-- ===== src/Remote/ReadOp/Replicas.antt =====
-- Which messages a read sends.
use sandook.Base.{
  ℕ, zero, suc, ◌+◌, ◌≡◌, refl, subst, ◌∙◌, ap, ◌⊎◌, inl, inr, List, [], ◌∷◌, ◌++◌, Option, none,
  some, All, All-append, Bool-cases, Option-cases, arith,
}
use mathlib.Core.List.{append_assoc}
use sandook.Status.{Status, ok, err, fault, Error}
use sandook.Types.{ServerId, ServerBlockInfo, ServerReplicaBlockInfoList, IoDesc, OpType, get_op}
use sandook.Selection.{ServerSet, contains}
use sandook.Resolver.{BlockResolver}
use sandook.DiskServer.{StorageOpMsg, StorageOpReplyMsg}
use sandook.Remote.{handle_storage_op_reply}
use sandook.Remote.Disk.{
  Services, VirtualDisk, at_block, message, process_storage_op, count_submitted, with_world,
}
use sandook.Remote.ReadOp.{
  ReadStep, find_info, after_reply, after_call, after_selection, after_attempt, returns,
  resolves_again, tries, read_from, read_attempt, read_loop, count_read_error,
}

-- One of the two replicas.
abbrev pub IsReplica : ServerReplicaBlockInfoList → ServerBlockInfo → Type 0
IsReplica blks info = (info ≡ blks.front.info) ⊎ (info ≡ blks.back.info)

pub find_info-IsReplica :
    (blks : ServerReplicaBlockInfoList) (id : ServerId) (info : ServerBlockInfo)
    → find_info blks id ≡ some info
    → IsReplica blks info × (info.server_id ≡ id)
unfolding find_info
find_info-IsReplica blks id info h = ground arith

module _ {W : Type 0} (s : Services W) (affinity : ServerId) where
  abbrev Disk : Type 0
  Disk = VirtualDisk s affinity

  count_submitted-same :
      (d : Disk) (op : OpType)
      → ((count_submitted s affinity d op).sent ≡ d.sent)
        × ((count_submitted s affinity d op).servers ≡ d.servers)
        × ((count_submitted s affinity d op).blk_res ≡ d.blk_res)
  unfolding count_submitted
  count_submitted-same d OpType.write = (refl, refl, refl)
  count_submitted-same d _ = (refl, refl, refl)

  pub process_storage_op-sends :
      (d : Disk) (id : ServerId) (iod : IoDesc)
      → let d' = (process_storage_op s affinity d id iod).1 in
        (d'.sent ≡ (id, message s affinity iod) ∷ d.sent)
        × (d'.servers ≡ d.servers)
        × (d'.blk_res ≡ d.blk_res)
  unfolding process_storage_op get_op
  process_storage_op-sends d id iod =
      let (p, q, u) = count_submitted-same d (get_op iod) in
      (ap (λ l. (id, message s affinity iod) ∷ l) p, q, u)

  -- A request for the block of a replica, sent to that replica's server.
  abbrev pub IsPlace : ServerReplicaBlockInfoList → IoDesc → ServerId × StorageOpMsg → Type 0
  IsPlace blks iod m =
      (info : ServerBlockInfo) × IsReplica blks info
      × (m ≡ (info.server_id, message s affinity (at_block iod info)))

  -- What a read may do to a disk: send such requests; servers and mapping stay.
  pub record Asks (blks : ServerReplicaBlockInfoList) (iod : IoDesc) (d d' : Disk) : Type 0 where
    pub asked : List (ServerId × StorageOpMsg)
    pub sent_is : d'.sent ≡ asked ++ d.sent
    pub places : All (IsPlace blks iod) asked
    pub same_servers : d'.servers ≡ d.servers
    pub same_res : d'.blk_res ≡ d.blk_res

  abbrev pub Rests : (Disk → Disk) → Type 0
  Rests sleep =
      (d : Disk)
      → ((sleep d).sent ≡ d.sent)
        × ((sleep d).servers ≡ d.servers)
        × ((sleep d).blk_res ≡ d.blk_res)

  disk_of : Disk → Option (Status ℕ × Disk) → Disk
  disk_of d none = d
  disk_of d (some (res, e)) = e

  pub some-disk :
      {res res' : Status ℕ} {d d' : Disk}
      → ◌≡◌ {A = Option (Status ℕ × Disk)} (some (res, d)) (some (res', d'))
      → d ≡ d'
  unfolding disk_of
  some-disk {d = d} h = ap (disk_of d) h

  module _ (blks : ServerReplicaBlockInfoList) (iod : IoDesc) where
    pub Asks-same :
        (d d' : Disk)
        → d'.sent ≡ d.sent
        → d'.servers ≡ d.servers
        → d'.blk_res ≡ d.blk_res
        → Asks blks iod d d'
    Asks-same d d' p q r = record {
      asked = [];
      sent_is = p;
      places = tt;
      same_servers = q;
      same_res = r;
    }

    pub Asks-trans : (d e f : Disk) → Asks blks iod d e → Asks blks iod e f → Asks blks iod d f
    Asks-trans d e f x y = record {
      asked = y.asked ++ x.asked;
      sent_is = y.sent_is ∙ ap (λ l. y.asked ++ l) x.sent_is ∙ rw append_assoc;
      places = All-append _ y.asked x.asked y.places x.places;
      same_servers = y.same_servers ∙ x.same_servers;
      same_res = y.same_res ∙ x.same_res;
    }

    pub Asks-process_storage_op :
        (d : Disk) (info : ServerBlockInfo)
        → IsReplica blks info
        → Asks blks iod d (process_storage_op s affinity d info.server_id (at_block iod info)).1
    Asks-process_storage_op d info r =
        let (p, q, u) = process_storage_op-sends d info.server_id (at_block iod info) in
        record {
          asked = (info.server_id, message s affinity (at_block iod info)) ∷ [];
          sent_is = p;
          places = ((info, r, refl), tt);
          same_servers = q;
          same_res = u;
        }

    module _ (sleep : Disk → Disk) (rests : Rests sleep) where
      after_reply-Asks :
          (ids : ServerSet) (id : ServerId) (d : Disk) (res : Status ℕ)
          → Asks blks iod d (after_reply s affinity sleep ids id d res).1
      unfolding after_reply count_read_error
      after_reply-Asks ids id d (ok n) = Asks-same d _ refl refl refl
      after_reply-Asks ids id d fault = Asks-same d _ refl refl refl
      after_reply-Asks ids id d (err Error.ebusy) = Asks-same d _ refl refl refl
      after_reply-Asks ids id d (err _) = Asks-same d _ refl refl refl

      after_call-Asks :
          (ids : ServerSet) (id : ServerId) (resp : Status (Option StorageOpReplyMsg)) (d : Disk)
          → Asks blks iod d (after_call s affinity sleep ids id (resp, d)).1
      unfolding after_call
      after_call-Asks ids id (err e) d =
          let (p, q, r) = rests (record d { num_read_retries = d.num_read_retries + 1 }) in
          Asks-same d _ p q r
      after_call-Asks ids id fault d = Asks-same d d refl refl refl
      after_call-Asks ids id (ok reply) d =
          let x = handle_storage_op_reply s.signal_congested affinity d.client reply id in
          Asks-trans d (record d { client = x.1 }) _ (Asks-same d _ refl refl refl)
            (after_reply-Asks ids id (record d { client = x.1 }) x.0)

      read_from-Asks :
          (ids : ServerSet) (d : Disk) (id : ServerId)
          → Asks blks iod d (read_from s affinity sleep blks ids iod d id).1
      unfolding read_from
      read_from-Asks ids d id = elim (Bool-cases (contains d.servers id)) [
        | inr e ↦ rw e (Asks-same d d refl refl refl)
        | inl e ↦ elim (Option-cases (find_info blks id)) [
          | inl f ↦ rw (e, f) (Asks-same d d refl refl refl)
          | inr (info, f) ↦
              let (r, q) = find_info-IsReplica blks id info f in
              let x = process_storage_op s affinity d id (at_block iod info) in
              rw (e, f)
                (Asks-trans d x.1 _
                  (subst
                    (λ z. Asks blks iod d (process_storage_op s affinity d z (at_block iod info)).1)
                    q (Asks-process_storage_op d info r))
                  (after_call-Asks ids id x.0 x.1))
        ]
      ]

      after_selection-Asks :
          (ids : ServerSet) (d : Disk) (selected : Status ServerId)
          → Asks blks iod d (after_selection s affinity sleep blks ids iod d selected).1
      unfolding after_selection
      after_selection-Asks ids d (ok id) = read_from-Asks ids d id
      after_selection-Asks ids d (err e) = let (p, u, r) = rests d in Asks-same d _ p u r
      after_selection-Asks ids d fault = Asks-same d d refl refl refl

      read_attempt-Asks :
          (ids : ServerSet) (d : Disk)
          → Asks blks iod d (read_attempt s affinity sleep blks ids iod d).1
      unfolding read_attempt
      read_attempt-Asks ids d =
          let x = s.select_read_server d.client.sched ids iod in
          let d' = with_world s affinity d x.1 in
          Asks-trans d d' _ (Asks-same d d' refl refl refl) (after_selection-Asks ids d' x.0)

      -- `r` is the resolver whose entries stay.
      module _ (r : BlockResolver) (process_request : Disk → IoDesc → Option (Status ℕ × Disk))
          (again : (d d' : Disk) (res : Status ℕ)
            → d.blk_res ≡ r
            → process_request d iod ≡ some (res, d')
            → Asks blks iod d d') where
        after_attempt-Asks :
            (goes_on : ServerSet → Disk → Option (Status ℕ × Disk)) (step : ReadStep) (d d' : Disk)
            (res : Status ℕ)
            → d.blk_res ≡ r
            → ((ids : ServerSet) → goes_on ids d ≡ some (res, d') → Asks blks iod d d')
            → after_attempt s affinity sleep process_request goes_on iod step d ≡ some (res, d')
            → Asks blks iod d d'
        unfolding after_attempt
        after_attempt-Asks goes_on (returns x) d d' res e g h =
            subst (λ z. Asks blks iod d z) (some-disk h) (Asks-same d d refl refl refl)
        after_attempt-Asks goes_on resolves_again d d' res e g h = again d d' res e h
        after_attempt-Asks goes_on (tries ids) d d' res e g h = g ids h

        pub read_loop-Asks :
            (k : ℕ) (ids : ServerSet) (d d' : Disk) (res : Status ℕ)
            → d.blk_res ≡ r
            → read_loop s affinity sleep process_request blks iod k ids d ≡ some (res, d')
            → Asks blks iod d d'
        unfolding read_loop
        read_loop-Asks zero ids d d' res e h = cc
        read_loop-Asks (suc k) [] d d' res e h =
            let (p, u, v) = rests d in
            Asks-trans d (sleep d) d' (Asks-same d _ p u v)
              (read_loop-Asks k _ (sleep d) d' res (v ∙ e) h)
        read_loop-Asks (suc k) (x ∷ xs) d d' res e h =
            let a = read_attempt s affinity sleep blks (x ∷ xs) iod d in
            let step = read_attempt-Asks (x ∷ xs) d in
            let q = step.same_res ∙ e in
            Asks-trans d a.1 d' step (
              after_attempt-Asks _ a.0 a.1 d' res q (λ ids g. read_loop-Asks k ids a.1 d' res q g)
                h)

§ **About this exercise**: Determine how many lines of the entries above carry the string "Services", and give that number alone.

§ **Reply**: 2